Scalable Bayesian Network Structure Learning Using Tsetlin Machine to Constrain the Search Space
Kunal Dumbre, Lei Jiao, Ole-Christoffer Granmo
TL;DR
The paper tackles the scalability bottleneck of constraint-based Bayesian network structure learning by using a Weighted Tsetlin Machine to preselect a small set of highly informative literals per target variable, thereby reducing the number of conditional independence tests. The method identifies the top-2 important variables via a seven-step WTMs workflow and then conducts CI tests only on these variables to construct a causal graph, achieving linear-time scaling with respect to the number of features. Empirical results on bnlearn datasets show substantial reductions in CI tests and competitive precision, recall, and F1 scores across networks of varying size, compared to established baselines. The approach offers a practical pathway to scalable causal discovery in large, categorical datasets, while acknowledging limitations from restricting to the top-2 variables and outlining avenues for adaptive expansion in future work.
Abstract
The PC algorithm is a widely used method in causal inference for learning the structure of Bayesian networks. Despite its popularity, the PC algorithm suffers from significant time complexity, particularly as the size of the dataset increases, which limits its applicability in large-scale real-world problems.

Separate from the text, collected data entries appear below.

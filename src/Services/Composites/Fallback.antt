-- ===== src/Services/Composites/Fallback.antt =====
-- What a reader of internal/app/fallback.go may rely on.
use mcp_ironclaw.Prelude.{◌≡◌, refl, ◌⊎◌, inl, inr, true, false, arith, Bool-cases}
use mcp_ironclaw.Domain.Errors.{Error, Result, ok, err, is_device_not_found}
use mcp_ironclaw.Domain.Key.{DeviceState}
use mcp_ironclaw.Services.Composites.{fallback_device_state}

-- A state that is returned is the primary's own, or it is the archive's, marked as stale, and the
-- primary has failed; a device that the primary does not know is never answered from the archive.
-- An error is always the primary's.
pub fallback_device_state_lem :
    (primary archive : Result DeviceState)
    → ((s : DeviceState)
        → fallback_device_state primary archive ≡ ok s
        → (primary ≡ ok s)
          ⊎ ((e : Error) × (a : DeviceState) × (primary ≡ err e)
              × (is_device_not_found e ≡ false)
              × (archive ≡ ok a)
              × (s ≡ record a { stale = true })))
      × ((e : Error) → fallback_device_state primary archive ≡ err e → primary ≡ err e)
unfolding fallback_device_state
fallback_device_state_lem (ok p) archive = (λ s h. inl h, λ e h. ground arith)
fallback_device_state_lem (err x) (err y) = (λ s h. ground arith, λ e h. ground arith)
fallback_device_state_lem (err x) (ok a) = (
  λ s h. elim (Bool-cases (is_device_not_found x)) [
    | inl n ↦ absurd (ground arith)
    | inr n ↦ inr (x, a, refl, n, refl, ground arith)
  ],
  λ e h. ground arith,
)
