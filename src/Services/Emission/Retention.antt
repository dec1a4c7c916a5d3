-- ===== src/Services/Emission/Retention.antt =====
-- What a round of internal/aggregator/service.go does with the windows that it has collected: each
-- is offered to the publisher once, and the ones that it refuses stay with the source.
use mathlib.Core.List.{Perm}
use mcp_ironclaw.Prelude.{
  ℕ, ◌≡◌, ap, ◌∙◌, Option, none, some, List, [], ◌∷◌, ◌++◌, arith, if◌then◌else◌, append_assoc,
  append-nil, Option-cases, inl, inr,
}
use mcp_ironclaw.Go.Text.{Text}
use mcp_ironclaw.Go.Map.{Map, find, string_eq}
use mcp_ironclaw.Go.Map.Entries.{values}
use mcp_ironclaw.Domain.Errors.{Error, ok}
use mcp_ironclaw.Domain.Key.{AggregateWindow}
use mcp_ironclaw.Aggregate.Aggregator.TwoPhase.{named_in}
use mcp_ironclaw.Services.Emission.{
  WindowSource, WindowPublisher, Service, Published, first_failure, publish_all, publish, emit_all,
  emit_closed_windows, settle,
}

-- What the service relies on in its source: what is pending, that a collection returns it, and that
-- `Commit` forgets what it names and nothing else.
pub record IsWindowSource {S : Type 0} (src : WindowSource S) : Type 1 where
  pub Ready : S → Type 0
  pub pending : S → Map Text AggregateWindow
  pub commit_forgets :
      (ws : List AggregateWindow) (s : S) (i : Text)
      → find i (pending (src.commit ws s)) ≡ (if named_in i ws then none else find i (pending s))
  pub collects_before :
      (watermark : ℕ) (s s' : S) (ws : List AggregateWindow)
      → Ready s
      → src.collect_windows_before watermark s ≡ (s', ok ws)
      → Perm ws (values (pending s'))
  pub collects_all :
      (s s' : S) (ws : List AggregateWindow)
      → Ready s
      → src.collect_all s ≡ (s', ok ws)
      → Perm ws (values (pending s'))

module _ {W : Type 0} (publish_window : WindowPublisher W) where
  -- The world after every window has been offered once, in order, and the windows that the
  -- publisher took, and the first error that it returned.
  abbrev pub offered : List AggregateWindow → W → W
  offered [] x = x
  offered (w ∷ ws) x = offered ws (publish_window w x).0

  abbrev pub accepted : List AggregateWindow → W → List AggregateWindow
  accepted [] x = []
  accepted (w ∷ ws) x =
      let later = accepted ws (publish_window w x).0 in
      elim ((publish_window w x).1) [ none ↦ w ∷ later | some e ↦ later ]

  abbrev pub first_error : List AggregateWindow → W → Option Error
  first_error [] x = none
  first_error (w ∷ ws) x =
      first_failure (publish_window w x).1 (first_error ws (publish_window w x).0)

  publish_all_lem :
      (ws : List AggregateWindow) (x : W) (done : List AggregateWindow) (failure : Option Error)
      → publish_all publish_window ws (record { world = x; published = done; failure = failure })
        ≡ record {
          world = offered ws x;
          published = done ++ accepted ws x;
          failure = first_failure failure (first_error ws x);
        }
  unfolding publish_all
  publish_all_lem [] x done failure = ground (arith, append-nil done)
  publish_all_lem (w ∷ ws) x done failure =
      let next = (publish_window w x).0 in
      let later = accepted ws next in
      elim (Option-cases (publish_window w x).1) [
        | inl e ↦ ground (
          arith,
          publish_all_lem ws next (done ++ w ∷ []) failure,
          append_assoc done (w ∷ []) later,
        )
        | inr (failed, e) ↦
            ground (arith, publish_all_lem ws next done (first_failure failure (some failed)))
      ]

module _ {S W : Type 0} (src : WindowSource S) (publish_window : WindowPublisher W) where
  settle_lem :
      (ws : List AggregateWindow) (p : Published W) (s : Service S W)
      → let (s', failure) = settle src publish_window ws p s in
        (s'.source ≡ src.commit p.published s.source) × (s'.world ≡ p.world) × (failure ≡ p.failure)
  settle_lem ws p s = elim (Option-cases p.failure) [
    | inl e ↦ (ground arith, ground arith, ground arith)
    | inr (x, e) ↦ (ground arith, ground arith, ground arith)
  ]

  -- What `publish` leaves behind.
  publish_lem :
      (ws : List AggregateWindow) (s : Service S W)
      → let (s', failure) = publish src publish_window ws s in
        (s'.source ≡ src.commit (accepted publish_window ws s.world) s.source)
        × (s'.world ≡ offered publish_window ws s.world)
        × (failure ≡ first_error publish_window ws s.world)
  unfolding publish
  publish_lem ws s =
      let start : Published W = record { world = s.world; published = []; failure = none } in
      let (x, y, z) = settle_lem ws (publish_all publish_window ws start) s in
      let p = publish_all_lem publish_window ws s.world [] none in
      (
        x ∙ ap (λ q. src.commit q.published s.source) p,
        y ∙ ap (λ q. q.world) p,
        z ∙ ap (λ q. q.failure) p,
      )

  -- How a round ends for the windows that it collected: `ws` are all that waited, each was offered
  -- to the publisher in turn, and those that it took, and no other, are forgotten.
  pub record IsSettled (v : IsWindowSource src) (ws : List AggregateWindow) (collected : S)
      (s s' : Service S W) (result : Option Error) : Type 0 where
    pub all_offered : Perm ws (values (v.pending collected))
    pub world : s'.world ≡ offered publish_window ws s.world
    pub failure : result ≡ first_error publish_window ws s.world
    pub still_pending :
        (i : Text)
        → find i (v.pending s'.source) ≡ (
            if named_in i (accepted publish_window ws s.world)
            then none
            else find i (v.pending collected))

  publish-IsSettled :
      (v : IsWindowSource src) (ws : List AggregateWindow) (collected : S) (s : Service S W)
      → Perm ws (values (v.pending collected))
      → let s0 = record s { source = collected } in
        IsSettled v ws collected s
          (publish src publish_window ws s0).0
          (publish src publish_window ws s0).1
  publish-IsSettled v ws collected s p =
      let s0 = record s { source = collected } in
      let (x, y, z) = publish_lem ws s0 in
      record {
        all_offered = p;
        world = y;
        failure = z;
        still_pending = λ i.
            ap (λ q. find i (v.pending q)) x
            ∙ v.commit_forgets (accepted publish_window ws s.world) collected i;
      }

  -- A round of `EmitClosedWindows` whose collection succeeds offers every window that waits for its
  -- publication to the publisher, each once and in order, going on after a failure; it returns the
  -- first failure, and afterwards exactly the windows that the publisher refused are pending.
  pub emit_closed_windows-IsSettled :
      (v : IsWindowSource src) (watermark : ℕ) (s : Service S W) (collected : S)
      (ws : List AggregateWindow)
      → v.Ready s.source
      → src.collect_windows_before watermark s.source ≡ (collected, ok ws)
      → IsSettled v ws collected s
          (emit_closed_windows src publish_window watermark s).0
          (emit_closed_windows src publish_window watermark s).1
  unfolding emit_closed_windows
  emit_closed_windows-IsSettled v watermark s collected ws ready e =
      rw (e, emit_closed_windows)
        (publish-IsSettled v ws collected s
          (v.collects_before watermark s.source collected ws ready e))

  -- `EmitAll`, the flush of a shutdown, when its collection succeeds, offers every window that waits for
  -- its publication to the publisher, each once and in order, going on after a failure; it returns the
  -- first failure, and afterwards exactly the windows that the publisher refused are pending.
  pub emit_all-IsSettled :
      (v : IsWindowSource src) (s : Service S W) (collected : S) (ws : List AggregateWindow)
      → v.Ready s.source
      → src.collect_all s.source ≡ (collected, ok ws)
      → IsSettled v ws collected s
          (emit_all src publish_window s).0
          (emit_all src publish_window s).1
  unfolding emit_all
  emit_all-IsSettled v s collected ws ready e =
      rw (e, emit_all)
        (publish-IsSettled v ws collected s (v.collects_all s.source collected ws ready e))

In this study, we propose a novel approach that utilises the Tsetlin Machine (TM) to construct Bayesian structures more efficiently. Our method leverages the most significant literals extracted from the TM and performs conditional independence (CI) tests on these selected literals instead of the full set of variables, resulting in a considerable reduction in computational time. We implemented our approach and compared it with various state-of-the-art methods. Our evaluation includes categorical datasets from the bnlearn repository, such as Munin1, Hepar2. The findings indicate that the proposed TM-based method not only reduces computational complexity but also maintains competitive accuracy in causal discovery, making it a viable alternative to traditional PC algorithm implementations by offering improved efficiency without compromising performance.